祭あつしは高級ラウンジの入口でスマホを確認していた。
「三浦さんが来いって言ったお店はここで間違いないな。」

今から会うのは大学の先輩であり、今やコンサル会社の社長である三浦智久だった。

「お疲れ、祭。飲みに行かないか?」
三浦からの誘いは突然だったが、祭は少し迷ったが飲みに行くことにしたのだった。

ラウンジに入ると、煌びやかなシャンパンタワーが目に入った。すぐに三浦が迎えてくれた。

「すごいですね」
と祭が言うと、三浦は笑って答えた。
「いやー、たいしたことないよ。」

三浦はシャンパンタワーを注文し、そのシャンパンを美味しそうに飲み干した。祭も乾杯のために一口飲んだ。
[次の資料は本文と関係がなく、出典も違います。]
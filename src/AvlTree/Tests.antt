-- ===== src/AvlTree/Tests.antt =====
-- random_access_list.hpp: the laws of `avl_tree_stump` at a tree of five nodes.
use garbage.Prelude.{ℕ, refl, [], ◌∷◌, arith, pos}
use garbage.AvlTree.Nodes.{leaf, node, left_of, right_of, Cursor, cursor_at}
use garbage.AvlTree.Balance.{check_and_restore_balance_of_level}
use garbage.AvlTree.Balance.Caches.{IsMeasured}
use garbage.AvlTree.Balance.Limits.{IsBalanced, check-not-IsBalanced_inner}
use garbage.AvlTree.Walk.Laws.{root}
use garbage.AvlTree.Edit.{new_node, attach_before, detach}
use garbage.AvlTree.Edit.Caches.{attach_before-IsMeasured, detach-IsMeasured}
use garbage.AvlTree.Index.{go_to}
use garbage.AvlTree.Index.Steps.{LandsAt, go_to-forward}

-- The nodes 0, 1, 2, 3 and 4, at the node 2.
abbrev at_two : Cursor ℕ
at_two = cursor_at 2 1 1 leaf leaf (right_of 1 2 3 (new_node 0) ∷ left_of 3 3 5 (new_node 4) ∷ [])

-- The same nodes, at the node 1, which has two children.
abbrev at_one : Cursor ℕ
at_one = cursor_at 1 2 3 (new_node 0) (new_node 2) (left_of 3 3 5 (new_node 4) ∷ [])

at_two-IsMeasured : IsMeasured (root at_two)
at_two-IsMeasured =
    (refl, refl, (refl, refl, (refl, refl, tt, tt), (refl, refl, tt, tt)), (refl, refl, tt, tt))

attach_before-IsMeasured_example : IsMeasured (attach_before at_one 9)
attach_before-IsMeasured_example = attach_before-IsMeasured at_one 9 at_two-IsMeasured (omega arith)

detach-IsMeasured_example : IsMeasured (detach at_one)
detach-IsMeasured_example = detach-IsMeasured at_one at_two-IsMeasured (omega arith)

go_to-forward_example : LandsAt at_two 4 (go_to at_two (pos 2))
go_to-forward_example = go_to-forward at_two 2 at_two-IsMeasured (omega arith) (omega arith)

check-not-IsBalanced_inner_example :
    ¬ IsBalanced {A = ℕ}
      (check_and_restore_balance_of_level (node 2 3 3 (node 0 2 2 leaf (new_node 1)) leaf))
check-not-IsBalanced_inner_example =
    check-not-IsBalanced_inner 2 0 3 3 2 2 leaf (new_node 1) leaf
      (refl, refl, (refl, refl, tt, (refl, refl, tt, tt)), tt) (omega arith) (omega arith)
      (omega arith)
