-- ===== src/Keys/Bytes.antt =====
-- `from_bytes` is a prefix of the byte-lexicographic order.
use native.Mathlib.Nat.{add-zero, pow-suc, one-le-pow}
use speed_up.Common.{
  ℕ, zero, suc, ◌+◌, ◌*◌, ◌%◌, ◌^◌, ◌<◌, ◌≤◌, ◌≡◌, refl, ap, ◌∙◌, ◌⊎◌, inl, inr, List, [], ◌∷◌, All,
  take, arith,
}
use speed_up.Common.Bits.{bit_or_low}
use speed_up.Keys.{from_bytes, from_bytes_loop}

abbrev pub IsByte : ℕ → Type 0
IsByte b = b < 256

-- `a < b` of std::string, which compares unsigned bytes: at the first difference, or by length.
abbrev pub LexLt : List ℕ → List ℕ → Type 0
LexLt xs [] = ⊥
LexLt [] (y ∷ ys) = Unit
LexLt (x ∷ xs) (y ∷ ys) = (x < y) ⊎ ((x ≡ y) × LexLt xs ys)

-- The first r bytes as a big-endian number, with zeros behind a shorter input.
big_endian : ℕ → List ℕ → ℕ
big_endian zero bytes = 0
big_endian (suc r) [] = 0
big_endian (suc r) (b ∷ bytes) = b * 256 ^ r + big_endian r bytes

mul-mono_right : (m n k : ℕ) → m ≤ n → m * k ≤ n * k
mul-mono_right m n k h = grind arith

le-mul_pow : (m r : ℕ) → m ≤ m * 256 ^ r
le-mul_pow m r = omega (arith, mul-mono_right 1 (256 ^ r) m (one-le-pow r 256 (omega arith)))

big_endian-lt : (r : ℕ) (bytes : List ℕ) → All IsByte bytes → big_endian r bytes < 256 ^ r
unfolding big_endian
big_endian-lt zero bytes h = omega arith
big_endian-lt (suc r) [] h = omega (arith, one-le-pow (suc r) 256 (omega arith))
big_endian-lt (suc r) (b ∷ bytes) h =
    omega (
      arith,
      pow-suc 256 r,
      big_endian-lt r bytes h.1,
      mul-mono_right b 255 (256 ^ r) (omega arith),
    )

big_endian-nil : (r : ℕ) → big_endian r [] ≡ 0
unfolding big_endian
big_endian-nil zero = refl
big_endian-nil (suc r) = refl

-- one round on numbers: what is left of the word is enough for the next byte
round_room : (key b p m : ℕ) → b < 256 → (key + 1) * (p * 256) ≤ m → (key * 256 + b + 1) * p ≤ m
round_room key b p m h k = omega (arith, mul-mono_right b 255 p (omega arith), k)

round_fits : (key p m : ℕ) → 1 ≤ p → (key + 1) * (p * 256) ≤ m → key * 256 < m
round_fits key p m h k = omega (arith, mul-mono_right 1 p key h, k)

round_value : (key b p : ℕ) → (key * 256 + b) * p ≡ key * (p * 256) + b * p
round_value key b p = omega arith

module _ (key r : ℕ) (room : (key + 1) * 256 ^ suc r ≤ 2 ^ 64) where
  fits : key * 256 < 2 ^ 64
  fits =
      round_fits key (256 ^ r) (2 ^ 64) (one-le-pow r 256 (omega arith))
        (rw (pow-suc 256 r) at room)

  next_room : (b : ℕ) → IsByte b → (key * 256 + b + 1) * 256 ^ r ≤ 2 ^ 64
  next_room b h = round_room key b (256 ^ r) (2 ^ 64) h (rw (pow-suc 256 r) at room)

from_bytes_loop-big_endian :
    (r key : ℕ) (rest : List ℕ)
    → (key + 1) * 256 ^ r ≤ 2 ^ 64
    → All IsByte rest
    → from_bytes_loop r key rest ≡ key * 256 ^ r + big_endian r rest
unfolding from_bytes_loop big_endian
from_bytes_loop-big_endian zero key rest room h = omega arith
from_bytes_loop-big_endian (suc r) key [] room h =
    let same : key * 256 % 2 ^ 64 ≡ key * 256 = omega (arith, fits key r room) in
    let room' = rw add-zero at (next_room key r room 0 (omega arith)) in
    rw (same, pow-suc 256 r)
      (from_bytes_loop-big_endian r (key * 256) [] room' tt
        ∙ omega (arith, big_endian-nil r, round_value key 0 (256 ^ r)))
from_bytes_loop-big_endian (suc r) key (b ∷ rest) room h =
    let same : key * 256 % 2 ^ 64 ≡ key * 256 = omega (arith, fits key r room) in
    rw (same, bit_or_low 8 key b h.0, pow-suc 256 r)
      (from_bytes_loop-big_endian r (key * 256 + b) rest (next_room key r room b h.0) h.1
        ∙ omega (arith, round_value key b (256 ^ r)))

from_bytes-big_endian : (bytes : List ℕ) → All IsByte bytes → from_bytes bytes ≡ big_endian 8 bytes
unfolding from_bytes
from_bytes-big_endian bytes h = omega (arith, from_bytes_loop-big_endian 8 0 bytes (omega arith) h)

lt_cases : (x y : ℕ) → (x < y) ⊎ ((x ≡ y) ⊎ (y < x))
lt_cases x y = grind arith

big_endian-LexLt :
    (r : ℕ) (xs ys : List ℕ)
    → All IsByte xs
    → All IsByte ys
    → big_endian r xs < big_endian r ys
    → LexLt xs ys
unfolding big_endian
big_endian-LexLt zero xs ys p q h = absurd (omega arith)
big_endian-LexLt (suc r) xs [] p q h = absurd (omega arith)
big_endian-LexLt (suc r) [] (y ∷ ys) p q h = tt
big_endian-LexLt (suc r) (x ∷ xs) (y ∷ ys) p q h = elim (lt_cases x y) [
  | inl less ↦ inl less
  | inr (inl same) ↦
      inr (same, big_endian-LexLt r xs ys p.1 q.1 (omega (arith, ap (λ (t : ℕ). t * 256 ^ r) same)))
  | inr (inr more) ↦
      absurd (omega (arith, big_endian-lt r ys q.1, mul-mono_right (suc y) x (256 ^ r) more))
]

-- For byte strings: if the key of one is below the key of another, the string is below the other.
pub from_bytes-LexLt :
    (xs ys : List ℕ) → All IsByte xs → All IsByte ys → from_bytes xs < from_bytes ys → LexLt xs ys
from_bytes-LexLt xs ys p q h =
    big_endian-LexLt 8 xs ys p q
      (omega (arith, from_bytes-big_endian xs p, from_bytes-big_endian ys q))

big_endian-take : (r : ℕ) (bytes : List ℕ) → big_endian r (take r bytes) ≡ big_endian r bytes
unfolding big_endian
big_endian-take zero bytes = refl
big_endian-take (suc r) [] = refl
big_endian-take (suc r) (b ∷ bytes) = ap (λ (t : ℕ). b * 256 ^ r + t) (big_endian-take r bytes)

-- Byte strings that share their first 8 bytes (or end within them alike) get the same key.
pub from_bytes-shared_prefix :
    (xs ys : List ℕ)
    → All IsByte xs
    → All IsByte ys
    → take 8 xs ≡ take 8 ys
    → from_bytes xs ≡ from_bytes ys
from_bytes-shared_prefix xs ys p q h = omega (
  arith,
  from_bytes-big_endian xs p,
  from_bytes-big_endian ys q,
  big_endian-take 8 xs,
  big_endian-take 8 ys,
  ap (big_endian 8) h,
)
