-- ===== src/Plan/Sizes.antt =====
-- The target sizes of bucket_plan.hpp add up to the number of elements.
use speed_up.Common.{
  ℕ, ◌+◌, ◌-◌, ◌/◌, ◌%◌, ◌^◌, ◌<◌, ◌≤◌, zero, suc, min, ◌≡◌, refl, List, [], ◌∷◌, ◌++◌, reverse,
  length, replicate, sum, sum-append, sum-replicate, length-replicate, sum-reverse, arith,
}
use speed_up.Common.Doubles.{Doubles}
use speed_up.Plan.{
  BucketPlan, bump_first, explicit_loop, push_remaining, grow, uniform_sizes, explicit_sizes,
  first_page_sizes, geometric_loop, geometric_sizes, target_sizes,
}
use native.Mathlib.Nat.{div-add-mod}

sum-bump_first : (r : ℕ) (out : List ℕ) → r ≤ length out → sum (bump_first r out) ≡ r + sum out
unfolding bump_first
sum-bump_first zero out h = omega arith
sum-bump_first (suc r) [] h = absurd (omega arith)
sum-bump_first (suc r) (x ∷ out) h = omega (arith, sum-bump_first r out (omega arith))

sum-push_remaining : (out : List ℕ) (r : ℕ) → sum (push_remaining out r) ≡ sum out + r
sum-push_remaining out r = ground (arith, sum-append out (r ∷ []))

explicit_loop-sum :
    (m : ℕ) (sizes : List ℕ) (remaining : ℕ) (out : List ℕ)
    → sum (explicit_loop m sizes remaining out).0 + (explicit_loop m sizes remaining out).1
      ≡ sum out + remaining
unfolding explicit_loop
explicit_loop-sum m [] remaining out = refl
explicit_loop-sum m (size ∷ rest) remaining out = ground (
  arith,
  sum-append out (min size remaining ∷ []),
  explicit_loop-sum m rest (remaining - min size remaining) (out ++ min size remaining ∷ []),
)

module _ {F : Type 0} ⦃d : Doubles F⦄ where
  uniform_sizes-sum :
      (plan : BucketPlan F) (n : ℕ) → 0 < n → 0 < plan.max_buckets → sum (uniform_sizes plan n) ≡ n
  unfolding uniform_sizes
  uniform_sizes-sum plan n h k =
      let count = min plan.max_buckets n in
      let bump = sum-bump_first (n % count) (replicate count (n / count)) in
      omega (
        arith,
        div-add-mod n count,
        length-replicate count (n / count),
        sum-replicate count (n / count),
        bump (omega (arith, length-replicate count (n / count))),
      )

  explicit_sizes-sum : (plan : BucketPlan F) (n : ℕ) → sum (explicit_sizes plan n) ≡ n
  unfolding explicit_sizes
  explicit_sizes-sum plan n = omega (
    arith,
    explicit_loop-sum plan.max_buckets plan.sizes n [],
    sum-push_remaining (explicit_loop plan.max_buckets plan.sizes n []).0
        (explicit_loop plan.max_buckets plan.sizes n []).1,
  )

  first_page_sizes-sum :
      (plan : BucketPlan F) (n : ℕ) → n < 2 ^ 63 → sum (first_page_sizes plan n) ≡ n
  unfolding first_page_sizes
  first_page_sizes-sum plan n h = ground arith

  geometric_loop-sum :
      (plan : BucketPlan F) (n budget remaining : ℕ) (front back : List ℕ) (size : F)
      → sum (geometric_loop plan n budget remaining front back size).front
          + sum (geometric_loop plan n budget remaining front back size).back
          + (geometric_loop plan n budget remaining front back size).remaining
        ≡ sum front + sum back + remaining
  unfolding geometric_loop
  geometric_loop-sum plan n zero remaining front back size = refl
  geometric_loop-sum plan n (suc zero) remaining front back size = refl
  geometric_loop-sum plan n (suc (suc b)) remaining front back size =
      let step = d.ceil_to_size size in
      let taken = min step remaining in
      let left = remaining - taken in
      let taken' = min step left in
      let size' = grow plan.growth size n in
      ground (
        arith,
        sum-append front (taken ∷ []),
        sum-append back (taken' ∷ []),
        geometric_loop-sum plan n (suc b) left (front ++ taken ∷ []) back size',
        geometric_loop-sum plan n b (left - taken') (front ++ taken ∷ []) (back ++ taken' ∷ [])
            size',
      )

  geometric_sizes-sum : (plan : BucketPlan F) (n : ℕ) → sum (geometric_sizes plan n) ≡ n
  unfolding geometric_sizes
  geometric_sizes-sum plan n =
      let cut = geometric_loop plan n plan.max_buckets n [] [] (d.of_size plan.page_size) in
      omega (
        arith,
        sum-append (push_remaining cut.front cut.remaining) (reverse cut.back),
        sum-push_remaining cut.front cut.remaining,
        sum-reverse cut.back,
        geometric_loop-sum plan n plan.max_buckets n [] [] (d.of_size plan.page_size),
      )

  -- For n below 2^63 and a plan with at least one bucket, the target sizes add up to n.
  pub target_sizes-sum :
      (plan : BucketPlan F) (n : ℕ)
      → 0 < plan.max_buckets
      → n < 2 ^ 63
      → sum (target_sizes plan n) ≡ n
  unfolding target_sizes
  target_sizes-sum plan zero k h = refl
  target_sizes-sum plan (suc n) k h = ground (
    arith,
    uniform_sizes-sum plan (suc n) (omega arith) k,
    explicit_sizes-sum plan (suc n),
    first_page_sizes-sum plan (suc n) h,
    geometric_sizes-sum plan (suc n),
  )
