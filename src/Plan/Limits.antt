-- ===== src/Plan/Limits.antt =====
-- How many buckets the plans of bucket_plan.hpp ask for.
use speed_up.Common.{
  ℕ, ◌+◌, ◌-◌, ◌/◌, ◌%◌, ◌<◌, ◌≤◌, zero, suc, min, ◌≡◌, refl, List, [], ◌∷◌, ◌++◌, reverse, length,
  replicate, length-append, length-replicate, length-reverse, arith,
}
use speed_up.Common.Doubles.{Doubles}
use speed_up.Plan.{
  BucketPlan, bump_first, explicit_loop, push_remaining, grow, uniform_sizes, explicit_sizes,
  first_page_sizes, geometric_loop, geometric_sizes, target_sizes,
}

length-bump_first : (r : ℕ) (out : List ℕ) → length (bump_first r out) ≡ length out
unfolding bump_first
length-bump_first zero out = refl
length-bump_first (suc r) [] = refl
length-bump_first (suc r) (x ∷ out) = omega (arith, length-bump_first r out)

length-push_remaining :
    (out : List ℕ) (r : ℕ) → length (push_remaining out r) ≤ length out + min r 1
length-push_remaining out r = ground (arith, length-append out (r ∷ []))

explicit_loop-length :
    (m : ℕ) (sizes : List ℕ) (remaining : ℕ) (out : List ℕ)
    → length out < m
    → length (explicit_loop m sizes remaining out).0 < m
unfolding explicit_loop
explicit_loop-length m [] remaining out h = h
explicit_loop-length m (size ∷ rest) remaining out h = ground (
  arith,
  length-append out (min size remaining ∷ []),
  explicit_loop-length m rest (remaining - min size remaining) (out ++ min size remaining ∷ []),
)

module _ {F : Type 0} ⦃d : Doubles F⦄ where
  geometric_loop-length :
      (plan : BucketPlan F) (n budget remaining : ℕ) (front back : List ℕ) (size : F)
      → 0 < budget
      → suc (
          length (geometric_loop plan n budget remaining front back size).front
          + length (geometric_loop plan n budget remaining front back size).back)
        ≤ length front + length back + budget
  unfolding geometric_loop
  geometric_loop-length plan n zero remaining front back size h = absurd (omega arith)
  geometric_loop-length plan n (suc zero) remaining front back size h = omega arith
  geometric_loop-length plan n (suc (suc zero)) remaining front back size h =
      let taken = min (d.ceil_to_size size) remaining in
      ground (
        arith,
        length-append front (taken ∷ []),
        geometric_loop-length plan n (suc zero) (remaining - taken) (front ++ taken ∷ []) back
            (grow plan.growth size n),
      )
  geometric_loop-length plan n (suc (suc (suc b))) remaining front back size h =
      let step = d.ceil_to_size size in
      let taken = min step remaining in
      let left = remaining - taken in
      let taken' = min step left in
      let size' = grow plan.growth size n in
      ground (
        arith,
        length-append front (taken ∷ []),
        length-append back (taken' ∷ []),
        geometric_loop-length plan n (suc (suc b)) left (front ++ taken ∷ []) back size',
        geometric_loop-length plan n (suc b) (left - taken') (front ++ taken ∷ [])
            (back ++ taken' ∷ []) size',
      )

  module _ (plan : BucketPlan F) (n : ℕ) (pos : 0 < plan.max_buckets) where
    uniform_sizes-length : length (uniform_sizes plan n) ≤ plan.max_buckets
    unfolding uniform_sizes
    uniform_sizes-length =
        let count = min plan.max_buckets n in
        omega (
          arith,
          length-bump_first (n % count) (replicate count (n / count)),
          length-replicate count (n / count),
        )

    explicit_sizes-length : length (explicit_sizes plan n) ≤ plan.max_buckets
    unfolding explicit_sizes
    explicit_sizes-length = omega (
      arith,
      explicit_loop-length plan.max_buckets plan.sizes n [] pos,
      length-push_remaining (explicit_loop plan.max_buckets plan.sizes n []).0
          (explicit_loop plan.max_buckets plan.sizes n []).1,
    )

    first_page_sizes-length : length (first_page_sizes plan n) ≤ plan.max_buckets
    unfolding first_page_sizes
    first_page_sizes-length = ground arith

    geometric_sizes-length : length (geometric_sizes plan n) ≤ plan.max_buckets
    unfolding geometric_sizes
    geometric_sizes-length =
        let cut = geometric_loop plan n plan.max_buckets n [] [] (d.of_size plan.page_size) in
        omega (
          arith,
          length-append (push_remaining cut.front cut.remaining) (reverse cut.back),
          length-push_remaining cut.front cut.remaining,
          length-reverse cut.back,
          geometric_loop-length plan n plan.max_buckets n [] [] (d.of_size plan.page_size) pos,
        )

  -- A plan with at least one bucket never asks for more than `max_buckets` of them.
  pub target_sizes-le :
      (plan : BucketPlan F) (n : ℕ)
      → 0 < plan.max_buckets
      → length (target_sizes plan n) ≤ plan.max_buckets
  unfolding target_sizes
  target_sizes-le plan zero k = k
  target_sizes-le plan (suc n) k = ground (
    arith,
    uniform_sizes-length plan (suc n) k,
    explicit_sizes-length plan (suc n) k,
    first_page_sizes-length plan (suc n) k,
    geometric_sizes-length plan (suc n) k,
  )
「そうそう、君を呼んだのは用地取得の件で議員を紹介してもらえないかと思ってね」と三浦が切り出した。

「はあ、なぜ用地を?」
と祭が尋ねると、三浦は興奮気味に答えた。
「ソーラー発電だよ。そしてうちの会社でその権利を海外、主に中国の投資家に売るんだよ。」

「政府が買取価格を高く設定してくれてるからノーリスクハイリターンなんだ」
と三浦は続けた。

祭は驚いた。
「ということはその高い電気代を国民が支払うんですか?」

「まあ、そうなるな」
と三浦は無邪気に答えた。
「再エネ賦課金といって経済産業省主導でやってるんだよ。バカな国民からお金を吸い上げて、こうやって酒飲んで、お金を回してやったほうがいいだろう。これが生きた経済なんだよ。」

「再エネ賦課金と言ってますけど、それって税金ですよ!全ての増税に反対です。だから協力できません」
と祭は強く言った。

三浦は笑いながら、
「おいおい、大学生みたいな理想を言って。そんなんじゃ、一生金持ちにはなれないぞ」と応えた。

「三浦さんのやってることは虚しいですよ。今はお互い別の道を今は歩んでますけど、俺は三浦さんを信じてますから」
と祭は真剣な目で言った。

三浦は一瞬黙った後、「そうか、まあ飲もう」と軽く答えた。

その日、三浦の会計は1000万円を超えていたのだった。